__What to work on__.
Look below and pull out each line with the word "ground".

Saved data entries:

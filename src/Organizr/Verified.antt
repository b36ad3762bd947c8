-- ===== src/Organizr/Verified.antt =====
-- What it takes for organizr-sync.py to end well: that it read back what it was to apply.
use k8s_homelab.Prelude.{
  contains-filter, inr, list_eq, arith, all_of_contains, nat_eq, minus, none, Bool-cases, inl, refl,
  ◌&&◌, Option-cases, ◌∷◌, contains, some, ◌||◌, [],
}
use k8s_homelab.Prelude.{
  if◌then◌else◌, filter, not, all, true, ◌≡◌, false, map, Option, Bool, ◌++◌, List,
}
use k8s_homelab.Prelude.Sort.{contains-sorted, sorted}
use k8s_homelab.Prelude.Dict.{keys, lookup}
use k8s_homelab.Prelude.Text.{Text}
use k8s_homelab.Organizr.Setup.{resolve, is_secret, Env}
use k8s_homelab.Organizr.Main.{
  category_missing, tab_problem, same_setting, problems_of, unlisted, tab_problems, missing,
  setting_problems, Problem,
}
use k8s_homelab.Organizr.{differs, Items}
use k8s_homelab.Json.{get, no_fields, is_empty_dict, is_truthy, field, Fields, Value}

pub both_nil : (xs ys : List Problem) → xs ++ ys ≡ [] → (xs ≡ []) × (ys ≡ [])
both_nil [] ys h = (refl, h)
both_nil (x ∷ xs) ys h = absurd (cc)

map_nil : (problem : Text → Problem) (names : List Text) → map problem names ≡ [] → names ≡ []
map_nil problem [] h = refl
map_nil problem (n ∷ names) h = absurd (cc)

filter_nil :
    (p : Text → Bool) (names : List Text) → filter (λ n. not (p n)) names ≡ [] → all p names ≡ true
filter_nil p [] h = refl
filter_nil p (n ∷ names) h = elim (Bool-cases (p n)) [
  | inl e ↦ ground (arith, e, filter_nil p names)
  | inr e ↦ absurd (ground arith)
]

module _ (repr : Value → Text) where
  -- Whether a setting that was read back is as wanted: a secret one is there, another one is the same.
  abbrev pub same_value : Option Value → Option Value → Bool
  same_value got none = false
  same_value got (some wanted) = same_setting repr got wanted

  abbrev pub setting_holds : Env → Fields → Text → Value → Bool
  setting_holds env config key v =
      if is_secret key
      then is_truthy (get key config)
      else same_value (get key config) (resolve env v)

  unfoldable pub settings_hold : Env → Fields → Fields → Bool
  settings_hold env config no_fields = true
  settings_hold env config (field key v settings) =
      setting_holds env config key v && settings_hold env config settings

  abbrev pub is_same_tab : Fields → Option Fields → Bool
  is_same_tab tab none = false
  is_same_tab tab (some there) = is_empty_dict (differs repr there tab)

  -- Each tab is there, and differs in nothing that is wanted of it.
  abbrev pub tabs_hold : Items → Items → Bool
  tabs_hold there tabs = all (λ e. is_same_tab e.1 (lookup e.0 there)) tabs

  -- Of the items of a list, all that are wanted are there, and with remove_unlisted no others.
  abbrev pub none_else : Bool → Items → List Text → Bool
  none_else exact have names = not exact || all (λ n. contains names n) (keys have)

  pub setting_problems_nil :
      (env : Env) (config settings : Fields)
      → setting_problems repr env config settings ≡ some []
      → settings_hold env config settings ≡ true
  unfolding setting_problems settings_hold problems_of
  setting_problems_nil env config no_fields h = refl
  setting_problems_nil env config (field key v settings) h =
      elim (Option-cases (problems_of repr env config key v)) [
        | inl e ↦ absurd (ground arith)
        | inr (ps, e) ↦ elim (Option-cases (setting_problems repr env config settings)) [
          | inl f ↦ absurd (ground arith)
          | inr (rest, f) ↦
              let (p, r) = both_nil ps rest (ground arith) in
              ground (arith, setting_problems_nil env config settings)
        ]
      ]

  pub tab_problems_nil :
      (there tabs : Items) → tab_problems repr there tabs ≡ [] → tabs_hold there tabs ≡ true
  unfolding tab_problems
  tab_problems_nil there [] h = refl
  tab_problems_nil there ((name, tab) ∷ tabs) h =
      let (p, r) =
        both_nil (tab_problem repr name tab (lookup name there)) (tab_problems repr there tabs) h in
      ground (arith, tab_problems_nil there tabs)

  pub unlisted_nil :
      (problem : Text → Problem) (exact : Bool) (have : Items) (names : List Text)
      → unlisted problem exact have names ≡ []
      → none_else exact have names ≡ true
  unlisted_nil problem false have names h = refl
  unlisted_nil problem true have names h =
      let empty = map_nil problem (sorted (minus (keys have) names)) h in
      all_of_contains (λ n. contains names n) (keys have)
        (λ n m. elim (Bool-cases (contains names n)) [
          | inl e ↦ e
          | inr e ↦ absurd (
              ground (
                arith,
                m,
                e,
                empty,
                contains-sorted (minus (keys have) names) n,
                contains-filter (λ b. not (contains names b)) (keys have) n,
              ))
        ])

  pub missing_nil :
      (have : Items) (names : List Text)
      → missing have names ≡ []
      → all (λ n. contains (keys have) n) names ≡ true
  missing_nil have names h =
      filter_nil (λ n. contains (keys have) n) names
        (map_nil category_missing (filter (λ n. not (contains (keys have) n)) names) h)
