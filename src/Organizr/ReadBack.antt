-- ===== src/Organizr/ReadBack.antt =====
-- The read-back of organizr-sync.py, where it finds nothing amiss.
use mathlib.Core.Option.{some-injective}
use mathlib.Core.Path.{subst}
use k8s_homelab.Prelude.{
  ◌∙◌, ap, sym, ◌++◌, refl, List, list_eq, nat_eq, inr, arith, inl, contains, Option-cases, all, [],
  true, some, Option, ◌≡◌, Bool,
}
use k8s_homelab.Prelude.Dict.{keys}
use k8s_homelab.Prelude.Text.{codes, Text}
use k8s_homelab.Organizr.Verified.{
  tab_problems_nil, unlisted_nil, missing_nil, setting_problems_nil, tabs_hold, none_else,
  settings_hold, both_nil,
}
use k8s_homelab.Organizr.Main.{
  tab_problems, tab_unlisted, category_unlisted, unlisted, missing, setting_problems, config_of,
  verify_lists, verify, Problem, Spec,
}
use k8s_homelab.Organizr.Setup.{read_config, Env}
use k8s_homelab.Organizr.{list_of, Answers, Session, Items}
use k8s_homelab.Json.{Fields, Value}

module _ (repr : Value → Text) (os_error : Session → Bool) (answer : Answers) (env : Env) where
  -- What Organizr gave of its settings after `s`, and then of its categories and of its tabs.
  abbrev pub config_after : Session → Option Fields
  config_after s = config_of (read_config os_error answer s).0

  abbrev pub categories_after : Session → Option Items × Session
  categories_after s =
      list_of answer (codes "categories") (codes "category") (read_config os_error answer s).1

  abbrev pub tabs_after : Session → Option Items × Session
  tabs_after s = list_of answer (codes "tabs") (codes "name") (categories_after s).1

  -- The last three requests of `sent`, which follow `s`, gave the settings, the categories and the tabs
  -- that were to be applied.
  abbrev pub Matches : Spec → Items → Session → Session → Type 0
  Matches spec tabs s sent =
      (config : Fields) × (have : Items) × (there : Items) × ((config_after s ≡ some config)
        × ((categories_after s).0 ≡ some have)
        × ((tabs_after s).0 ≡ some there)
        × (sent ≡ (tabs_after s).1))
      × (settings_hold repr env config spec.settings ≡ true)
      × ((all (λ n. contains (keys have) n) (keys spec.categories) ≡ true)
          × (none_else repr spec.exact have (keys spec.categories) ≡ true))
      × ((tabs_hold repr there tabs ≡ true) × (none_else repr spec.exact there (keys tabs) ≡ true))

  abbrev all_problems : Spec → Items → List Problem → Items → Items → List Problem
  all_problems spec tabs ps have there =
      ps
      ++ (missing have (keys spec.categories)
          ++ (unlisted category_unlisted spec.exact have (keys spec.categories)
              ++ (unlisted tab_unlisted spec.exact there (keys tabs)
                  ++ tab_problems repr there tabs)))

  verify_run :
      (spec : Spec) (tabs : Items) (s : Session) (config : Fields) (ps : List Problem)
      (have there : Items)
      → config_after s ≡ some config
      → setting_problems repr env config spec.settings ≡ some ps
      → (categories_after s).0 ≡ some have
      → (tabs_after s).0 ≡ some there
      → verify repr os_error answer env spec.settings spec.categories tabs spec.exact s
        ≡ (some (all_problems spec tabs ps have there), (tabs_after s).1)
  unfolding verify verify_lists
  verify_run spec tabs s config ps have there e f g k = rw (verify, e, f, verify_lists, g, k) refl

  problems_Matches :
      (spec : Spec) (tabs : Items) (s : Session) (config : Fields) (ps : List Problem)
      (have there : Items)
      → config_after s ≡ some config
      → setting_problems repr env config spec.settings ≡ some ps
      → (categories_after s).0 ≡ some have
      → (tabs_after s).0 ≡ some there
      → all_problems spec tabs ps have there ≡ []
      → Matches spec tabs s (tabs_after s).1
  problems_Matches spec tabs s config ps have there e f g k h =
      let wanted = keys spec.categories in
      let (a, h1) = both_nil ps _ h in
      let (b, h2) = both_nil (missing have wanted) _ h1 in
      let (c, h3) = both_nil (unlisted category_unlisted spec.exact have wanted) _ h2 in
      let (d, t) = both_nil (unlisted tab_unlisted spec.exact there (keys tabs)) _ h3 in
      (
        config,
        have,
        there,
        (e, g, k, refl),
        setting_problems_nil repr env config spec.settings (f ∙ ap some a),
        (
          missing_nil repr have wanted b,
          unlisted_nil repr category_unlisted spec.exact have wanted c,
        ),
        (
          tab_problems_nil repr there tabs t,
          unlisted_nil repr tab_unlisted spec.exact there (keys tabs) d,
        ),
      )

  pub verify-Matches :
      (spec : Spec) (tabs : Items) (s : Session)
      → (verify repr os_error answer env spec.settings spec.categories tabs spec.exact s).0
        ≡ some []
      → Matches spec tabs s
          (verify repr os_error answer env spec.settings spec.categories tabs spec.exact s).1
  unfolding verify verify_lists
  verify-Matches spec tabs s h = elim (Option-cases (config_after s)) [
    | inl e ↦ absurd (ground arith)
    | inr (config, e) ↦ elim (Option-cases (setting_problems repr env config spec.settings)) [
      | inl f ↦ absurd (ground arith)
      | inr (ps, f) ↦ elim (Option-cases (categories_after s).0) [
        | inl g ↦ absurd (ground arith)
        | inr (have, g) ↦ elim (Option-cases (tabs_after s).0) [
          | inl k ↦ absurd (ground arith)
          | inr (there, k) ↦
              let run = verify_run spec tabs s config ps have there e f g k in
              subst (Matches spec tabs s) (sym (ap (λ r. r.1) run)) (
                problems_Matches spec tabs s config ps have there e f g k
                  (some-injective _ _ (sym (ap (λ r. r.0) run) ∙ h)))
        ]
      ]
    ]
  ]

__Output for this task__.
  | inl e ↦ ground (arith, e, filter_nil p names)
  | inr e ↦ absurd (ground arith)
        | inl e ↦ absurd (ground arith)
          | inl f ↦ absurd (ground arith)
              let (p, r) = both_nil ps rest (ground arith) in
              ground (arith, setting_problems_nil env config settings)
      ground (arith, tab_problems_nil there tabs)
              ground (
    | inl e ↦ absurd (ground arith)
      | inl f ↦ absurd (ground arith)
        | inl g ↦ absurd (ground arith)
          | inl k ↦ absurd (ground arith)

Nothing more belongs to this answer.